Professor in Residence, Department of Architecture, GSD, Harvard University, Cambridge MA, USA
Architectural Drawings as Investigating Devices.
Architecture’s Changing Scope in the 20th Century
By Marianna Charitonidou
Foreword by Gevork Hartoonian
Routledge, 2023
6 x 0.75 x 9.25 in. [15.2 x 2 x 23.5 cm]
39 B/W illustrations
298 pages
US$133.00 (hardback)
US$54.99 (paperback)
US$49.49 (eBook)
November 28, 2023
ISBN: 978-1-032-43110-9 (hbk)
ISBN: 978-1-032-44418-5 (pbk)
ISBN: 978-1-003-37208-0 (ebk)
MariannaCharitonidou’s 1 book Architectural Drawings as Investigating Devices (2023) presents a survey and key insights into the recent history of representation in architecture. Marianna’s focus is through architects that challenged the discipline through key revolutionary drawings. With examples ranging from Le Corbusier’s Dom-Ino diagram to Mies’ collages, the book investigates insights into the Modern Movement. But it also includes certain tensions that make it relevant and interesting, for instance, John Hejduk’s axonometric projections experiments and Peter Eisenman’s formal axonometric diagrams are placed in contrast to Tschumi’s axonometrics. While Hejduk and Eisenman are presented as representational and formal, Tschumi’s drawings are rather political acts based on the semantics of the architecture program.

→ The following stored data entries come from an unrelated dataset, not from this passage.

-- ===== src/Purchases/Linked.antt =====
-- What every creation and every run of the scheduler keeps true of the schedules.
use mathlib.Core.List.{Memᴰ}
use pulse_crm.Prelude.Table.Laws.{find?-test, update-All_from}
use pulse_crm.Prelude.Table.Counts.{count-update_one}
use pulse_crm.Prelude.Table.Members.{
  Distinct, Distinct-eq, update-Distinct, find?-mem, All-mem, All-of_mem,
}
use pulse_crm.Prelude.{
  aware_at, ℕ, ◌≡◌, ◌≢◌, refl, ap, ◌∙◌, Bool, true, not, Option, none, some, List, ◌∷◌, All, any,
  count, find?, length, is_none, String, ok, arith, ◌==◌, ==_refl, ltb, require, value_error,
  lookup_error, runtime_error, >>=-eq-ok, raise_if-eq-ok, require-eq-ok,
}
use pulse_crm.Purchases.{
  is_active, PurchaseSchedule, Task, PurchaseTaskResult, PurchaseStore, Purchase, no_zone,
  same_occurrence, new_schedule, insert_schedule, create_purchase_schedule, own_schedule, own_task,
  new_task, linked, create_task, settle_task, ensure_purchase_task,
}

-- The task that a schedule names exists in its workspace.
unfoldable pub has_task : List Task → ℕ → Option ℕ → Bool
has_task tasks workspace_id none = true
has_task tasks workspace_id (some id) = any (own_task workspace_id id) tasks

abbrev pub is_linked : PurchaseSchedule → Bool
is_linked x = not (is_none x.task_id)

-- The schedules' tasks exist, and each schedule with a task has had one reminder.
abbrev pub IsLinked : PurchaseStore → Type 0
IsLinked s =
    Distinct PurchaseSchedule.id s.schedules
    × All (λ x. has_task s.tasks x.workspace_id x.task_id ≡ true) s.schedules
    × (count is_linked s.schedules ≡ length s.events)

has_task-cons :
    (t : Task) (tasks : List Task) (workspace_id : ℕ) (o : Option ℕ)
    → has_task tasks workspace_id o ≡ true
    → has_task (t ∷ tasks) workspace_id o ≡ true
unfolding has_task any
has_task-cons t tasks workspace_id none h = refl
has_task-cons t tasks workspace_id (some id) h = ground (arith, h)

has_task-new :
    (id workspace_id : ℕ) (title : String) (x : PurchaseSchedule) (tasks : List Task)
    → has_task (new_task id workspace_id title x ∷ tasks) workspace_id (some id) ≡ true
unfolding has_task any own_task
has_task-new id workspace_id title x tasks =
    let i = ==_refl id in let w = ==_refl workspace_id in ground (arith, i, w)

insert_schedule-IsLinked :
    (o : Option PurchaseSchedule) (id : ℕ) (p : Purchase) (scheduled_for remind_at : ℕ)
    (s : PurchaseStore)
    → All (λ y. id ≢ y.id) s.schedules
    → IsLinked s
    → IsLinked (insert_schedule o (new_schedule id p scheduled_for remind_at) s).2
unfolding insert_schedule has_task count
insert_schedule-IsLinked none id p scheduled_for remind_at s fresh (d, tasks, n) =
    ((fresh, d), (refl, tasks), omega (arith, n))
insert_schedule-IsLinked (some old) id p scheduled_for remind_at s fresh h = h

create_purchase_schedule-IsLinked :
    (id : ℕ) (p : Purchase) (x : PurchaseSchedule) (created : Bool) (s s' : PurchaseStore)
    → All (λ y. id ≢ y.id) s.schedules
    → create_purchase_schedule id p s ≡ ok (x, created, s')
    → IsLinked s
    → IsLinked s'
unfolding create_purchase_schedule
create_purchase_schedule-IsLinked id p x created s s' fresh h inv =
    let (at_time, a, h1) =
      >>=-eq-ok (require (aware_at p.scheduled_for) (value_error no_zone)) _ h in
    let (due, b, h2) = >>=-eq-ok (require (aware_at p.remind_at) (value_error no_zone)) _ h1 in
    let late = value_error "purchase reminder cannot be after the expected purchase" in
    let (c, h3) = raise_if-eq-ok (ltb at_time due) late _ h2 in
    let o = find? (same_occurrence p.workspace_id p.deal_id at_time) s.schedules in
    let result : insert_schedule o (new_schedule id p at_time due) s ≡ (x, created, s') =
      ground (arith, h3) in
    let kept = insert_schedule-IsLinked o id p at_time due s fresh inv in rw result at kept

module _ (str : ℕ → String) (task_id now workspace_id : ℕ) (title : String) where
  create_task-IsLinked :
      (x : PurchaseSchedule) (s : PurchaseStore)
      → Memᴰ x s.schedules
      → x.workspace_id ≡ workspace_id
      → x.task_id ≡ none
      → IsLinked s
      → IsLinked (create_task str task_id now workspace_id title x s).1
  unfolding create_task
  create_task-IsLinked x s m own free (d, tasks, n) =
      let taken : PurchaseSchedule → Bool = λ y. y.id == x.id in
      let task = new_task task_id workspace_id title x in
      (
        update-Distinct PurchaseSchedule.id taken (linked task_id now) (λ y t. refl) s.schedules d,
        update-All_from (λ y. has_task (task ∷ s.tasks) y.workspace_id y.task_id ≡ true)
            (λ y. (Memᴰ y s.schedules) × (has_task s.tasks y.workspace_id y.task_id ≡ true)) taken
            (linked task_id now)
            (λ y t (my, h).
              let same : y ≡ x =
                Distinct-eq PurchaseSchedule.id s.schedules d my m (ground (arith, t)) in
              let w : y.workspace_id ≡ workspace_id = ap PurchaseSchedule.workspace_id same ∙ own in
              rw w (has_task-new task_id workspace_id title x s.tasks))
            (λ y t (my, h). has_task-cons task s.tasks y.workspace_id y.task_id h) s.schedules
            (All-of_mem _ s.schedules (λ y my. (my, All-mem _ tasks my))),
        count-update_one PurchaseSchedule.id is_linked (linked task_id now) s.schedules {x = x} d m
              (rw free refl) refl
            ∙ omega (arith, n),
      )

  settle_task-IsLinked :
      (x : PurchaseSchedule) (o : Option ℕ) (s : PurchaseStore) (r : PurchaseTaskResult)
      (s' : PurchaseStore)
      → Memᴰ x s.schedules
      → x.workspace_id ≡ workspace_id
      → x.task_id ≡ o
      → settle_task str task_id now workspace_id title x o s ≡ ok (r, s')
      → IsLinked s
      → IsLinked s'
  unfolding settle_task
  settle_task-IsLinked x none s r s' m own e h inv =
      let kept = create_task-IsLinked x s m own e inv in
      let result : create_task str task_id now workspace_id title x s ≡ (r, s') =
        ground (arith, h) in
      rw result at kept
  settle_task-IsLinked x (some old) s r s' m own e h inv =
      let gone = runtime_error "purchase schedule references a missing task" in
      let (task, found, done) =
        >>=-eq-ok (require (find? (own_task workspace_id old) s.tasks) gone) _ h in
      let same : s ≡ s' = ground (arith, done) in rw same at inv

  ensure_purchase_task-IsLinked :
      (schedule_id : ℕ) (r : PurchaseTaskResult) (s s' : PurchaseStore)
      → ensure_purchase_task str task_id now workspace_id schedule_id title s ≡ ok (r, s')
      → IsLinked s
      → IsLinked s'
  unfolding ensure_purchase_task own_schedule
  ensure_purchase_task-IsLinked schedule_id r s s' h inv =
      let mine = own_schedule workspace_id schedule_id in
      let unknown = lookup_error "purchase schedule not found" in
      let (x, found, h1) = >>=-eq-ok (require (find? mine s.schedules) unknown) _ h in
      let closed = value_error "purchase schedule is not active" in
      let (c, h2) = raise_if-eq-ok (not (is_active x.status)) closed _ h1 in
      let found' = require-eq-ok (find? mine s.schedules) unknown found in
      let own = find?-test mine s.schedules found' in
      settle_task-IsLinked x x.task_id s r s' (find?-mem mine s.schedules found')
        (ground (arith, own)) refl h2 inv

module _ (str : ℕ → String) where
  pub data PurchaseStep (s : PurchaseStore) : PurchaseStore → Type 0 where
    scheduled :
        (id : ℕ) (p : Purchase) (x : PurchaseSchedule) (created : Bool) (s' : PurchaseStore)
        → All (λ y. id ≢ y.id) s.schedules
        → create_purchase_schedule id p s ≡ ok (x, created, s')
        → PurchaseStep s s'
    ensured :
        (task_id now workspace_id schedule_id : ℕ) (title : String) (r : PurchaseTaskResult)
        (s' : PurchaseStore)
        → ensure_purchase_task str task_id now workspace_id schedule_id title s ≡ ok (r, s')
        → PurchaseStep s s'

  -- Every creation of a schedule with a fresh identifier and every run of the scheduler keeps the
  -- identifiers distinct, the task of every schedule that names one in its workspace, and as many
  -- reminders as there are schedules with a task.
  pub PurchaseStep-IsLinked : (s s' : PurchaseStore) → PurchaseStep s s' → IsLinked s → IsLinked s'
  PurchaseStep-IsLinked s _ (scheduled id p x created s' fresh h) inv =
      create_purchase_schedule-IsLinked id p x created s s' fresh h inv
  PurchaseStep-IsLinked s _ (ensured task_id now workspace_id schedule_id title r s' h) inv =
      ensure_purchase_task-IsLinked str task_id now workspace_id title schedule_id r s s' h inv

The book inquires about the dialectical relationships between subject and object to disclose how architects problematized both architecture designs as well as the systems of representation through which they came about their projects. It investigates drawings as a form of research on representation, a unique form of cognition in architecture. The range of systems of representation studied in the book provide a means to access the understanding of the work of the architects investigated. Unique forms of representations give origination to unique architecture explorations; from thinking the drawings as means of research and exploration of the works of architecture, to thinking representation in terms of notation as buildings are built influenced by thinking through these systems.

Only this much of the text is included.